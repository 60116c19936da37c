-- ===== src/Leveldb/Instance.antt =====
-- Init and Cleanup of leveldb/leveldb_db.cc, and the handle and the counter that all instances
-- share. Both run under one mutex, so that each is one step.
pub mod Lifetime
use my_ycsb_cpp.Prelude.{ℕ, zero, suc, Bool, not, List, [], ◌∷◌, ◌++◌, if◌then◌else◌}
use my_ycsb_cpp.Prelude.Int.{ℤ, pos, negsuc, ◌+ℤ◌, ◌-ℤ◌}
use my_ycsb_cpp.Prelude.Bytes.{Bytes, lit, bytes_eq}
use my_ycsb_cpp.Prelude.Result.{Result, ok, err, exception, require, ◌>>=◌}
use my_ycsb_cpp.Utils.Text.Numbers.{stoi}
use my_ycsb_cpp.Utils.Properties.{Properties, get_property}
use my_ycsb_cpp.Leveldb.Store.{KvStatus, fine, missing, failed}
use my_ycsb_cpp.Leveldb.Composite.{Format, single_entry, row_major, column_major}
use my_ycsb_cpp.Leveldb.Options.{Options, get_options}

-- db_: null, or a database that is open, or one that was deleted, whose pointer is not null.
pub data Handle : Type 0 where
  null opened deleted : Handle

pub record Shared : Type 0 where
  pub db : Handle
  pub ref_cnt : ℤ

pub record LeveldbDb : Type 0 where
  pub format : Format
  pub fieldcount : ℤ
  pub field_prefix : Bytes

-- leveldb::DestroyDB and leveldb::DB::Open, over the state of the disk.
pub record Disk : Type 1 where
  pub State : Type 0
  pub destroy_db : State → Bytes → Options → KvStatus × State
  pub open_db : State → Bytes → Options → KvStatus × State

unfoldable pub parse_format : Bytes → Result Format
unfolding bytes_eq
parse_format format =
    if bytes_eq format (lit "single")
    then ok single_entry
    else if bytes_eq format (lit "row")
    then ok row_major
    else if bytes_eq format (lit "column")
    then ok column_major
    else err (exception (lit "unknown format"))

-- `if (!s.ok()) throw utils::Exception(what + s.ToString());`
abbrev pub checked_status : {A : Type 0} → Bytes → KvStatus × A → Result A
checked_status what (fine, a) = ok a
checked_status what (missing text, a) = err (exception (what ++ text))
checked_status what (failed text, a) = err (exception (what ++ text))

module _ (disk : Disk) where
  -- The part of Init behind `if (db_) return;`.
  unfoldable pub open_shared : Properties → disk.State → Result disk.State
  unfolding get_property bytes_eq get_options
  open_shared props d = do
    let db_path = get_property props (lit "leveldb.dbname") []
    _ ← require (not (bytes_eq db_path [])) (exception (lit "LevelDB db path is missing"))
    opt ← get_options props
    d' ←
        (if bytes_eq (get_property props (lit "leveldb.destroy") (lit "false")) (lit "true")
          then checked_status (lit "LevelDB DestroyDB: ") (disk.destroy_db d db_path opt)
          else ok d)
    checked_status (lit "LevelDB Open: ") (disk.open_db d' db_path opt)

  -- ref_cnt_++, and the open behind it, by the shared handle before.
  unfoldable pub acquire_from : Handle → Properties → ℤ → disk.State → Result (Shared × disk.State)
  unfolding open_shared ◌+ℤ◌
  acquire_from null props ref_cnt d = do
    d' ← open_shared props d
    ok (record { db = opened; ref_cnt = ref_cnt +ℤ pos 1 }, d')
  acquire_from db props ref_cnt d = ok (record { db = db; ref_cnt = ref_cnt +ℤ pos 1 }, d)

  unfoldable pub acquire : Properties → Shared → disk.State → Result (Shared × disk.State)
  unfolding acquire_from
  acquire props sh d = acquire_from sh.db props sh.ref_cnt d

  unfoldable pub init : Properties → Shared → disk.State → Result (LeveldbDb × Shared × disk.State)
  unfolding get_property parse_format stoi acquire
  init props sh d = do
    format ← parse_format (get_property props (lit "leveldb.format") (lit "single"))
    fieldcount ← stoi (get_property props (lit "fieldcount") (lit "10"))
    let field_prefix = get_property props (lit "fieldnameprefix") (lit "field")
    got ← acquire props sh d
    ok (
      record { format = format; fieldcount = fieldcount; field_prefix = field_prefix },
      got.0,
      got.1,
    )

-- `delete db_;`, which leaves the pointer as it is
abbrev pub deleted_handle : Handle → Handle
deleted_handle null = null
deleted_handle opened = deleted
deleted_handle deleted = deleted

-- `if (--ref_cnt_) return; delete db_;`, by the counter that is left
unfoldable pub release : ℤ → Handle → Shared
release (pos zero) db = record { db = deleted_handle db; ref_cnt = pos 0 }
release ref_cnt db = record { db = db; ref_cnt = ref_cnt }

unfoldable pub cleanup : Shared → Shared
unfolding release ◌-ℤ◌
cleanup sh = release (sh.ref_cnt -ℤ pos 1) sh.db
—————
EXERCISE BRIEF - Beginning with the opening line above, retype the records exactly through the line with "else err (exception", both ends included.

RESPONSE -
repository 60116c19936da37c
-- ===== src/Leveldb/Instance.antt =====
-- Init and Cleanup of leveldb/leveldb_db.cc, and the handle and the counter that all instances
-- share. Both run under one mutex, so that each is one step.
pub mod Lifetime
use my_ycsb_cpp.Prelude.{ℕ, zero, suc, Bool, not, List, [], ◌∷◌, ◌++◌, if◌then◌else◌}
use my_ycsb_cpp.Prelude.Int.{ℤ, pos, negsuc, ◌+ℤ◌, ◌-ℤ◌}
use my_ycsb_cpp.Prelude.Bytes.{Bytes, lit, bytes_eq}
use my_ycsb_cpp.Prelude.Result.{Result, ok, err, exception, require, ◌>>=◌}
use my_ycsb_cpp.Utils.Text.Numbers.{stoi}
use my_ycsb_cpp.Utils.Properties.{Properties, get_property}
use my_ycsb_cpp.Leveldb.Store.{KvStatus, fine, missing, failed}
use my_ycsb_cpp.Leveldb.Composite.{Format, single_entry, row_major, column_major}
use my_ycsb_cpp.Leveldb.Options.{Options, get_options}

-- db_: null, or a database that is open, or one that was deleted, whose pointer is not null.
pub data Handle : Type 0 where
  null opened deleted : Handle

pub record Shared : Type 0 where
  pub db : Handle
  pub ref_cnt : ℤ

pub record LeveldbDb : Type 0 where
  pub format : Format
  pub fieldcount : ℤ
  pub field_prefix : Bytes

-- leveldb::DestroyDB and leveldb::DB::Open, over the state of the disk.
pub record Disk : Type 1 where
  pub State : Type 0
  pub destroy_db : State → Bytes → Options → KvStatus × State
  pub open_db : State → Bytes → Options → KvStatus × State

unfoldable pub parse_format : Bytes → Result Format
unfolding bytes_eq
parse_format format =
    if bytes_eq format (lit "single")
    then ok single_entry
    else if bytes_eq format (lit "row")
    then ok row_major
    else if bytes_eq format (lit "column")
    then ok column_major
    else err (exception (lit "unknown format"))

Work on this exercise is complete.